[Task to complete]
Write out every line below that contains "Type".

Extracted information section start

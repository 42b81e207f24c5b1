-- ===== src/Store/Memory/Backend.antt =====
-- The in-process store as an implementation of the two interfaces.
use vatbrain.Float.{Float64}
use vatbrain.Store.{MemoryStore, RuleConflictStore}
use vatbrain.Store.Memory.Conflicts.{list_rule_conflicts, save_rule_conflict, resolve_rule_conflict}
use vatbrain.Store.Memory.Edges.{create_edge, get_edges}
use vatbrain.Store.Memory.Episodics.{
  write_episodic, get_episodic, touch_episodic, update_episodic_weight, mark_obsolete,
  write_semantic, mark_semantic_obsolete,
}
use vatbrain.Store.Memory.Pitfalls.{
  write_pitfall, get_pitfall, search_pitfall, search_pitfall_by_entity, touch_pitfall,
  update_pitfall_status, add_pitfall_counters, apply_pitfall_feedback,
}
use vatbrain.Store.Memory.Search.{search_episodic, search_semantic, scan_recent}
use vatbrain.Store.Memory.State.{Store}

module _ {W : Type 0} ⦃d : Float64 W⦄ where
  instance abbrev pub memory_store : MemoryStore W (Store W)
  memory_store = record {
    write_episodic = write_episodic;
    get_episodic = get_episodic;
    search_episodic = search_episodic;
    touch_episodic = touch_episodic;
    update_episodic_weight = update_episodic_weight;
    mark_obsolete = mark_obsolete;
    write_semantic = write_semantic;
    search_semantic = search_semantic;
    create_edge = create_edge;
    get_edges = get_edges;
    scan_recent = scan_recent;
    write_pitfall = write_pitfall;
    get_pitfall = get_pitfall;
    search_pitfall = search_pitfall;
    search_pitfall_by_entity = search_pitfall_by_entity;
    touch_pitfall = touch_pitfall;
    update_pitfall_status = update_pitfall_status;
    add_pitfall_counters = add_pitfall_counters;
    apply_pitfall_feedback = apply_pitfall_feedback;
  }

module _ {W : Type 0} where
  instance abbrev pub memory_conflicts : RuleConflictStore W (Store W)
  memory_conflicts = record {
    list_rule_conflicts = list_rule_conflicts;
    save_rule_conflict = save_rule_conflict;
    resolve_rule_conflict = resolve_rule_conflict;
    mark_semantic_obsolete = mark_semantic_obsolete;
  }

Extracted information section end

[Your solution]
module _ {W : Type 0} ⦃d : Float64 W⦄ where
module _ {W : Type 0} where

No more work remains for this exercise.